# devfs type ACTION with udev

## SimonKellett

I am now using udev and K2.6.10. What I want is the functionality of devfs whereby when a program tries to access a device the correct modules are loaded that produce that device file (configured by hand).

E.g. when accessing /dev/ppp load ppp_generic and for /dev/snd load snd etc.

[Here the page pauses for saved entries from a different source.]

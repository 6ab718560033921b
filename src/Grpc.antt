-- ===== src/Grpc.antt =====
-- crates/redis-web-runtime/src/grpc.rs: the gateway's calls, over the messages of
-- crates/redis-web-runtime/proto. Strings are bytes; the `kind` of a reply is always set.
pub mod Value
pub mod Stream
pub mod Safety
pub mod Serving
mod Tests
use redis_web.Prelude.{
  ℕ, ◌+◌, ◌*◌, ◌%◌, ◌^◌, Bool, true, false, Option, none, some, List, [], ◌∷◌, ◌++◌, ltb, is_empty,
  unwrap_or, if◌then◌else◌, Result, ok, err, ◌>>=◌,
}
use redis_web.Text.{Bytes, codes}
use redis_web.Text.Decimal.{u8_max}
use redis_web.Request.{ExecutableCommand}
use redis_web.Acl.{AuthContext, check_auth}
use redis_web.Handler.Process.{
  CommandExecutionError, service_unavailable, execution_failed, Execution, Host, AppState,
}
use redis_web.Grpc.Value.{
  Status, Code, invalid_argument, permission_denied, unavailable, internal, RedisValue,
  redis_value_to_proto,
}
use redis_web.PubSub
use redis_web.PubSub.{PubSubManager}
use redis_web.PubSub.Stream.{Received, payload, lagged, closed}

pub record CommandRequest : Type 0 where
  pub command : Bytes
  pub database : Option ℕ
  pub args : List Bytes

pub record SubscribeEvent : Type 0 where
  pub channel : Bytes
  pub payload : Bytes

-- What is read of a request besides its message: the peer's address, if it is known, and the
-- `authorization` metadata, if it is a string.
pub record Peer (Ip : Type 0) : Type 0 where
  pub remote_addr : Option Ip
  pub authorization : Option Bytes

abbrev pub unnamed : Status
unnamed = record { code = invalid_argument; message = codes "command must not be empty" }

abbrev pub out_of_range : Status
out_of_range = record {
  code = invalid_argument;
  message = codes "database must be between 0 and 255";
}

-- The database is a `u32`; the default one a `u8`.
unfoldable pub command_from_proto : ℕ → CommandRequest → Result Status ExecutableCommand
command_from_proto default_database request =
    if is_empty request.command
    then err unnamed
    else if ltb u8_max (unwrap_or request.database default_database)
    then err out_of_range
    else ok (record {
      target_database = unwrap_or request.database default_database % 2 ^ 8;
      command_name = request.command;
      args = request.args;
    })

abbrev command_error_to_status : CommandExecutionError → Status
command_error_to_status (service_unavailable message) = record {
  code = unavailable;
  message = message;
}
command_error_to_status (execution_failed message) = record { code = internal; message = message }

abbrev pub forbidden_status : Status
forbidden_status = record { code = permission_denied; message = codes "Forbidden" }

abbrev pub empty_channel : Status
empty_channel = record { code = invalid_argument; message = codes "channel must not be empty" }

-- `localhost` is 127.0.0.1.
module _ (host : Host) (localhost : host.Ip) where
  unfoldable pub auth_context : Peer host.Ip → AuthContext host.Ip
  auth_context peer = record {
    client_ip = unwrap_or peer.remote_addr localhost;
    authorization = peer.authorization;
  }

  abbrev pub is_allowed : AppState host.Net → AuthContext host.Ip → Bytes → Bool
  is_allowed state auth command =
      check_auth host.net_contains host.base64_decode state.acl auth command

  unfoldable pub authorize :
      AppState host.Net → AuthContext host.Ip → Bytes → Result {0, 0} Status Unit
  authorize state auth command =
      if is_allowed state auth command then ok _ else err forbidden_status

  abbrev pub replied : Execution → Result Status RedisValue
  replied (ok value) = redis_value_to_proto value
  replied (err error) = err (command_error_to_status error)

  abbrev execute_authorized :
      Result {0, 0} Status Unit → ExecutableCommand → host.S → Result Status RedisValue × host.S
  execute_authorized (err status) command s = (err status, s)
  execute_authorized (ok _) command s =
      let (execution, s') = host.execute command s in (replied execution, s')

  abbrev pub execute_parsed :
      AppState host.Net
      → AuthContext host.Ip
      → Result Status ExecutableCommand
      → host.S
      → Result Status RedisValue × host.S
  execute_parsed state auth (err status) s = (err status, s)
  execute_parsed state auth (ok command) s =
      execute_authorized (authorize state auth command.command_name) command s

  -- the unary call
  unfoldable pub execute :
      AppState host.Net → Peer host.Ip → CommandRequest → host.S → Result Status RedisValue × host.S
  execute state peer request s =
      execute_parsed state (auth_context peer) (command_from_proto state.default_database request) s

  -- the events of a subscription: a receiver that lags goes on
  unfoldable pub subscribe_events : Bytes → List Received → List SubscribeEvent
  subscribe_events channel [] = []
  subscribe_events channel (payload msg ∷ received) =
      record { channel = channel; payload = msg } ∷ subscribe_events channel received
  subscribe_events channel (lagged ∷ received) = subscribe_events channel received
  subscribe_events channel (closed ∷ received) = []

  abbrev subscribe_authorized :
      Result {0, 0} Status Unit
      → Bytes
      → PubSubManager
      → Result Status (List Received → List SubscribeEvent) × PubSubManager
  subscribe_authorized (err status) channel m = (err status, m)
  subscribe_authorized (ok _) channel m =
      (ok (subscribe_events channel), PubSub.subscribe channel m)

  unfoldable pub subscribe :
      AppState host.Net
      → Peer host.Ip
      → Bytes
      → PubSubManager
      → Result Status (List Received → List SubscribeEvent) × PubSubManager
  subscribe state peer channel m =
      if is_empty channel
      then (err empty_channel, m)
      else subscribe_authorized (authorize state (auth_context peer) (codes "SUBSCRIBE")) channel m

But this is not covered by hotplugging as the devices are always there !!

----------

## DrWoland

 *SimonKellett wrote:*   

> I am now using udev and K2.6.10. What I want is the functionality of devfs whereby when a program tries to access a device the correct modules are loaded that produce that device file (configured by hand).
> 
> E.g. when accessing /dev/ppp load ppp_generic and for /dev/snd load snd etc.
> 
> But this is not covered by hotplugging as the devices are always there !!

 

Uhhhh you got that backwards broly, the devices ARENT always there in udev... they're always there in devfs. Did you disable loading the device tarball in /etc/conf.d/rc?

----------

## SimonKellett

 *DrWoland wrote:*   

> Uhhhh you got that backwards broly, the devices ARENT always there in udev... they're always there in devfs.

 

Sorry: my mistake: what I meant was that the devices themselves are *physically* there, not the device file. Eg my sound card is in there all the time, so there is no "hotplug event" to trigger the loading of modules. (yes: I could autoload evverything but I am a tidy guy  :Smile: 

 *Quote:*   

> Did you disable loading the device tarball in /etc/conf.d/rc?

 

Yes

----------

## MighMoS

I seem to recall udev stating that it wasn't its job to autoload modules (I'm going strictly from memory, though).  If you're a tidy guy, and the sound card isn't leaving, I must ask why is it built as a module at all?

----------

## SimonKellett

 *MighMoS wrote:*   

> I seem to recall udev stating that it wasn't its job to autoload modules

 

Correct: that is why I need an alternative !!

 *Quote:*   

> If you're a tidy guy, and the sound card isn't leaving, I must ask why is it built as a module at all?

 

So that most of the time the kernel code is not loaded and so not using memory, then when I do  want sound I load the module and off I go !!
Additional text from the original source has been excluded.